Túpac Amaru II's impact on Peru and south America generally was so great that it was the source name of left wing guerilla groups in Uruguay and elsewhere in the 1960s and 1970s. The Tupamaros, also known as the MLN-T (Movimiento de Liberación Nacional-Tupamaros or Tupamaros National Liberation Movement), was a left-wing urban guerrilla group in Uruguay that was inextricably linked to its most important leader, Raúl Sendic, and his brand of social politics. José Mujica, who later became president of Uruguay, was also a member.
The Tupamaros peaked as an insurgent force in 1970 and 1971. During this period they made liberal use of their Cárcel del Pueblo where they held those that they kidnapped and interrogated them, before making the results of these interviews public. A number of these hostages was later ransomed for considerable sums of money, including the Brazilian Consul in Montevideo, Aloysio Dias Gomide. In September 1971 over 100 imprisoned Tupamaros escaped the Punta Carretas prison by digging a hole across their cells and then a tunnel that led from the floor of one ground-level cell to the living room of a nearby home. As a result of this, the government summoned the military to prepare a counter-insurgency campaign to suppress the MLN.

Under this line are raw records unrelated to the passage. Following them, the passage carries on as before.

-- ===== src/Security.antt =====
-- backend/app/core/security.py: passwords and access tokens, over bcrypt, PyJWT and hashlib.
use chore_app.Base.{ℕ, ◌+◌, ◌*◌, ◌/◌, ◌<◌, ◌≡◌, Bool, true, Option, some, String, false, same_text}
use chore_app.Session.{Action, internal_error, raise_if_none}

-- The claims of an access token; `exp` is in seconds, as PyJWT writes it.
pub record Payload : Type 0 where
  pub sub : Option String
  pub exp : Option ℕ
  pub jti : Option String

-- What the libraries offer, with what the code relies on: `hashpw` and `checkpw` give `none` where
-- bcrypt raises a ValueError, as it does on a password of more than 72 bytes; `checkpw` accepts
-- what `hashpw` made of the same password, whatever the salt; `decode`, at a time in microseconds,
-- gives back the claims of a token that has not expired, and the same claims whenever it accepts;
-- `UUID` reads what `str` writes, which is not empty. `Jwt` is the type of the encoded tokens.
pub record Crypto : Type 1 where
  pub hashpw : String → String → Option String
  pub checkpw : String → String → Option Bool
  pub checkpw-hashpw :
      (plain salt hashed : String)
      → hashpw plain salt ≡ some hashed
      → checkpw plain hashed ≡ some true
  pub sha256 : String → String
  pub Jwt : Type 0
  pub encode : Payload → Jwt
  pub decode : ℕ → Jwt → Option Payload
  pub decode-encode :
      (now : ℕ) (p : Payload) (exp : ℕ)
      → p.exp ≡ some exp
      → now < exp * 1000000
      → decode now (encode p) ≡ some p
  pub decode_same :
      (now now' : ℕ) (token : Jwt) (p q : Payload)
      → decode now token ≡ some p
      → decode now' token ≡ some q
      → q ≡ p
  pub str : ℕ → String
  pub str_filled : (id : ℕ) → same_text (str id) "" ≡ false
  pub uuid : String → Option ℕ
  pub uuid-str : (id : ℕ) → uuid (str id) ≡ some id

module _ (crypto : Crypto) where
  -- `hash_password`, with the salt that `gensalt` draws.
  abbrev pub hash_password : String → String → Action String
  hash_password plain salt = raise_if_none internal_error (crypto.hashpw plain salt)

  -- `verify_password`
  abbrev pub verify_password : String → String → Action Bool
  verify_password plain hashed = raise_if_none internal_error (crypto.checkpw plain hashed)

  -- `create_access_token` with an explicit `expires_delta`; `jti` is what `uuid4` draws, as a text.
  unfoldable pub create_access_token : String → ℕ → String → ℕ → crypto.Jwt
  create_access_token subject expires_delta jti now =
      crypto.encode (record {
        sub = some subject;
        exp = some ((now + expires_delta) / 1000000);
        jti = some jti;
      })

  -- `decode_access_token`
  abbrev pub decode_access_token : ℕ → crypto.Jwt → Option Payload
  decode_access_token now token = crypto.decode now token
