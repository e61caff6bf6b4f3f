-- ===== src/Auth.antt =====
-- backend/app/api/auth.py: registration, login, the rotation of refresh tokens, and logout. The
-- rate limits act before a handler runs; the request bodies are what their validators return.
pub mod Rotation
pub mod Opening
pub mod Closing
use chore_app.Base.{
  if◌then◌else◌, ℕ, ◌+◌, ◌*◌, ◌/◌, String, Bool, true, false, ◌&&◌, not, Option, none, some, List,
  [], ◌∷◌, ◌++◌, leb, ◌==◌, same_text, is_none, filter, any, update_where,
}
use chore_app.Models.{User, RefreshToken, RevokedToken, Database}
use chore_app.Session.{
  Action, unauthorized, conflict, internal_error, pure, raise, raise_if, raise_if_none, ◌>>=◌, ◌>>◌,
  query, scalar_one_or_none, write, commit,
}
use chore_app.Security.{
  Payload, Crypto, hash_password, verify_password, create_access_token, decode_access_token,
}

-- `RegisterRequest`
pub record RegisterRequest : Type 0 where
  pub email : String
  pub password : String
  pub display_name : String

-- `LoginRequest`
pub record LoginRequest : Type 0 where
  pub email : String
  pub password : String

-- `UserResponse`
pub record UserResponse : Type 0 where
  pub id : ℕ
  pub email : String
  pub display_name : String
  pub created_at : ℕ

abbrev pub user_response : User → UserResponse
user_response u = record {
  id = u.id;
  email = u.email;
  display_name = u.display_name;
  created_at = u.created_at;
}

-- `TokenResponse`; its `token_type` is always "bearer".
pub record TokenResponse (Jwt : Type 0) : Type 0 where
  pub access_token : Jwt
  pub expires_in : ℕ
  pub refresh_token : String

-- The settings that the handlers read, in microseconds: JWT_EXPIRY_MINUTES and
-- REFRESH_TOKEN_TTL_DAYS.
pub record TokenSettings : Type 0 where
  pub jwt_expiry : ℕ
  pub refresh_token_ttl : ℕ

-- What a request draws: the key of the new row, the raw refresh token and the `jti` of the access
-- token.
pub record Draws : Type 0 where
  pub row_id : ℕ
  pub raw_refresh : String
  pub jti : String

abbrev pub users_by_email : String → Database → List User
users_by_email email db = filter (λ u. same_text u.email email) db.users

abbrev pub tokens_by_hash : String → Database → List RefreshToken
tokens_by_hash token_hash db = filter (λ t. same_text t.token_hash token_hash) db.refresh_tokens

-- A refresh token of the user that is not revoked.
abbrev pub is_unrevoked_of : ℕ → RefreshToken → Bool
is_unrevoked_of user_id t = t.user_id == user_id && is_none t.revoked_at

abbrev pub revoke : ℕ → RefreshToken → RefreshToken
revoke now t = record t { revoked_at = some now }

-- `UPDATE refresh_tokens SET revoked_at = now WHERE user_id = ... AND revoked_at IS NULL`, which
-- api/users.py and services/account_deletion.py run too.
abbrev pub revoke_all : ℕ → ℕ → Database → Database
revoke_all user_id now db = record db {
  refresh_tokens = update_where (is_unrevoked_of user_id) (revoke now) db.refresh_tokens;
}

abbrev pub new_refresh_token : ℕ → ℕ → String → ℕ → ℕ → RefreshToken
new_refresh_token row_id user_id token_hash now ttl = record {
  id = row_id;
  user_id = user_id;
  token_hash = token_hash;
  created_at = now;
  expires_at = now + ttl;
  revoked_at = none;
}

abbrev pub add_refresh_token : RefreshToken → Database → Database
add_refresh_token t db = record db { refresh_tokens = db.refresh_tokens ++ t ∷ [] }

-- `INSERT ... ON CONFLICT DO NOTHING`
abbrev pub insert_revoked : RevokedToken → List RevokedToken → List RevokedToken
insert_revoked t rows = if any (λ r. same_text r.jti t.jti) rows then rows else rows ++ t ∷ []

-- `if jti and exp:`
abbrev pub blacklist : Option String → Option ℕ → ℕ → Database → Database
blacklist none exp now db = db
blacklist (some jti) none now db = db
blacklist (some jti) (some exp) now db =
    if same_text jti "" then db else if exp == 0 then db else record db {
      revoked_tokens =
          insert_revoked (record { jti = jti; revoked_at = now; expires_at = exp * 1000000 })
            db.revoked_tokens;
    }

abbrev pub new_user : RegisterRequest → String → ℕ → ℕ → User
new_user body hashed user_id now = record {
  id = user_id;
  email = body.email;
  display_name = body.display_name;
  password_hash = hashed;
  created_at = now;
}

module _ (crypto : Crypto) where
  -- POST /auth/register
  unfoldable pub register : RegisterRequest → String → ℕ → ℕ → Action UserResponse
  register body salt user_id now = do
    rows ← query (users_by_email body.email)
    existing ← scalar_one_or_none rows
    raise_if (not (is_none existing)) conflict
    hashed ← hash_password crypto body.password salt
    let user = new_user body hashed user_id now
    write (λ db. record db { users = db.users ++ user ∷ [] })
    commit
    pure (user_response user)

  module _ (settings : TokenSettings) where
    -- The answer of `login` and `refresh_token`; `expires_in` is in seconds.
    abbrev pub token_response : ℕ → Draws → ℕ → (TokenResponse crypto.Jwt)
    token_response user_id draws now = record {
      access_token =
          create_access_token crypto (crypto.str user_id) settings.jwt_expiry draws.jti now;
      expires_in = settings.jwt_expiry / 1000000;
      refresh_token = draws.raw_refresh;
    }

    -- The new row of `login` and `refresh_token`.
    abbrev pub issued : ℕ → Draws → ℕ → RefreshToken
    issued user_id draws now =
        new_refresh_token draws.row_id user_id (crypto.sha256 draws.raw_refresh) now
          settings.refresh_token_ttl

    -- POST /auth/login; `signed` is the time at which the access token is made, `now` the next
    -- reading of the clock.
    unfoldable pub login : LoginRequest → Draws → ℕ → ℕ → Action (TokenResponse crypto.Jwt)
    login body draws signed now = do
      rows ← query (users_by_email body.email)
      found ← scalar_one_or_none rows
      user ← raise_if_none unauthorized found
      verified ← verify_password crypto body.password user.password_hash
      raise_if (not verified) unauthorized
      write (add_refresh_token (issued user.id draws now))
      pure (token_response user.id draws signed)

    -- The rest of `refresh_token` once the row is found and not revoked.
    unfoldable pub rotate : RefreshToken → Draws → ℕ → ℕ → Action (TokenResponse crypto.Jwt)
    rotate stored draws now signed = do
      raise_if (leb stored.expires_at now) unauthorized
      write (λ db. record db {
        refresh_tokens = update_where (λ t. t.id == stored.id) (revoke now) db.refresh_tokens;
      })
      write (add_refresh_token (issued stored.user_id draws now))
      pure (token_response stored.user_id draws signed)

    -- A replay: the whole family is revoked, and that is committed before the exception.
    unfoldable pub refuse_reuse : RefreshToken → ℕ → Action (TokenResponse crypto.Jwt)
    refuse_reuse stored now = do write (revoke_all stored.user_id now); commit; raise unauthorized

    abbrev pub refresh_row :
        RefreshToken → Option ℕ → Draws → ℕ → ℕ → Action (TokenResponse crypto.Jwt)
    refresh_row stored none draws now signed = rotate stored draws now signed
    refresh_row stored (some revoked_at) draws now signed = refuse_reuse stored now

    -- POST /auth/refresh
    unfoldable pub refresh_token : String → Draws → ℕ → ℕ → Action (TokenResponse crypto.Jwt)
    refresh_token raw draws now signed = do
      rows ← query (tokens_by_hash (crypto.sha256 raw))
      found ← scalar_one_or_none rows
      stored ← raise_if_none unauthorized found
      refresh_row stored stored.revoked_at draws now signed

  -- `uuid.UUID(payload["sub"])`, which raises where the claim is missing or is no UUID.
  unfoldable pub subject_id : Option String → Action ℕ
  subject_id none = raise internal_error
  subject_id (some sub) = raise_if_none internal_error (crypto.uuid sub)

  -- POST /auth/logout, with the times of decoding, of the first insertion and of the update.
  unfoldable pub logout : Option crypto.Jwt → ℕ → ℕ → ℕ → Action (Unit {0})
  logout credentials decoded_at inserted_at now = do
    token ← raise_if_none unauthorized credentials
    payload ← raise_if_none unauthorized (decode_access_token crypto decoded_at token)
    write (blacklist payload.jti payload.exp inserted_at)
    user_id ← subject_id payload.sub
    write (revoke_all user_id now)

In 1972 the group was quickly crippled by a series of events. First, it had started to engage in political violence since 1970, a choice that weakened its popular support. Second, the group responded to the assassination and/or disappearance of four Tupamaros on the part of illegal parapolice squads with a wave of high-profile assassinations that concentrated political opposition against them. Later on, the MLN directly attacked the military and killed a number of soldiers. The army's response was swift; it included the heavy use of torture and the flipping of high-ranking Tupamaros towards collaborating with them.